Series RLC circuits have relatively low impedances when operated at the resonant frequency. The coil used in this project, when operated at its resonant frequency, looks like a 450-ohm resistive load to the solid-state driver. Series RLC circuits produce high voltages on the inductor and capacitor at the resonant frequency. The high voltage is due to a high current flowing through a high reactance (remember that the inductance is large and the capacitance is small, creating large reactances in each component at a given frequency). That is what produces the corona discharge at the end of the secondary coil.

Warning!! This article deals with and involves subject matter and the use of materials and substances that may be hazardous to health and life.

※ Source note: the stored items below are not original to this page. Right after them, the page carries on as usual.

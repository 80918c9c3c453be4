-- ===== src/Kheap/Tests.antt =====
-- Tests and examples of kernel/mm/kheap.c.
use peker_os.Common.{
  ℕ, ◌+◌, ◌≤◌, ◌≡◌, refl, ◌⊎◌, true, false, arith, ◌==◌, if◌then◌else◌, some, List, [], ◌∷◌, ◌++◌,
}
use peker_os.Kheap.{Memory, init_kheap, heap_size, total_size, kmalloc, kfree}
use peker_os.Kheap.Blocks.{Block, block, used, allocate}
use peker_os.Kheap.Malloc.{IsHeap, payload, kmalloc_refines, total_size_wraps}
use peker_os.Kheap.Free.{kfree_refines}
use peker_os.Kheap.RoundTrip.{Adds, kmalloc-Adds, kfree-kmalloc, kfree-Removes}

abbrev no_headers : Memory
no_headers a = record { size = 0; is_free = false; next = 0; prev = 0 }

abbrev heap_start : ℕ
heap_start = 0xC0300000

abbrev one_block : List Block
one_block = block heap_size true ∷ []

-- `init_kheap` leaves one free block.
init-IsHeap : IsHeap (init_kheap no_headers heap_start) heap_start one_block
unfolding init_kheap
init-IsHeap = record {
  live = omega arith;
  room = omega arith;
  fills = refl;
  chain = (refl, omega arith, tt);
  coalesced = (refl, tt);
}

-- A block of 64 bytes in use, and the rest.
abbrev rest_size : ℕ
rest_size = 4194240

abbrev two_headers : Memory
two_headers a =
    if a == heap_start
    then record { size = 64; is_free = false; next = heap_start + 64; prev = 0 }
    else record { size = rest_size; is_free = true; next = 0; prev = heap_start }

abbrev one_free : List Block
one_free = block rest_size true ∷ []

two-IsHeap : IsHeap two_headers heap_start ([] ++ (block 64 false ∷ one_free))
two-IsHeap = record {
  live = omega arith;
  room = omega arith;
  fills = refl;
  chain = (refl, omega arith, (refl, omega arith, tt));
  coalesced = (refl, (refl, tt));
}

kmalloc-Adds_example :
    (m' : Memory) × (ptr : ℕ) × (ys : List Block) × (kmalloc two_headers heap_start 40
      ≡ some (ptr, m'))
    × IsHeap m' heap_start ys
    × Adds 40 two_headers
        (block 64 false ∷ one_free)
        ((heap_start, 64) ∷ [])
        (used heap_start ys)
        (ptr, m')
kmalloc-Adds_example = kmalloc-Adds 40 two-IsHeap (omega arith) (omega arith)

kmalloc_refines_example :
    (m' : Memory) × (kmalloc two_headers heap_start 40
      ≡ some (payload (allocate (total_size 40) heap_start (block 64 false ∷ one_free)).0, m'))
    × IsHeap m' heap_start (allocate (total_size 40) heap_start (block 64 false ∷ one_free)).1
kmalloc_refines_example = kmalloc_refines 40 two-IsHeap (omega arith) (omega arith)

kfree-kmalloc_example :
    (m' : Memory) × (ptr : ℕ) × (kmalloc two_headers heap_start 40 ≡ some (ptr, m'))
    × ((ptr ≡ 0) ⊎ IsHeap (kfree m' ptr) heap_start (block 64 false ∷ one_free))
kfree-kmalloc_example = kfree-kmalloc 40 two-IsHeap (omega arith) (omega arith)

kfree_refines_example : IsHeap (kfree two_headers (heap_start + 16)) heap_start one_block
kfree_refines_example = kfree_refines 64 [] one_free two-IsHeap

kfree-Removes_example :
    (ys : List Block) × IsHeap (kfree two_headers (heap_start + 16)) heap_start ys
    × ◌≡◌ {A = List (ℕ × ℕ)} ((heap_start, 64) ∷ []) ((heap_start, 64) ∷ [])
    × (used heap_start ys ≡ [])
kfree-Removes_example = kfree-Removes 64 [] one_free two-IsHeap

total_size_wraps_example : total_size 0xffff_fffe ≤ 16
total_size_wraps_example = total_size_wraps 0xffff_fffe (omega arith) (omega arith)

Do not attempt to implement or use the information contained herein, unless you are experienced and skilled with respect to such subject matter, materials, and substances. Neither the publisher nor the author make any representation as for the completeness or accuracy of the information contained herein, and disclaim any liability for damages or injuries, whether caused by or arising from the lack of completeness, inaccuracies of the information, misrepresentations of the directions, misapplication of the information, or otherwise.

The heart of the driver is IC1, the SG3524 pulse-width modulator. The duty cycle is fixed at about 45% for best efficiency. The frequency is controlled by the resistance on pin 6 and the capacitance on pin 7. With the values shown, the frequency has a range from 200 to 240 kHz. A flip-flop inside the chip divides that by 2 so that the effective output of the driver has a range from 100 to 120 kHz.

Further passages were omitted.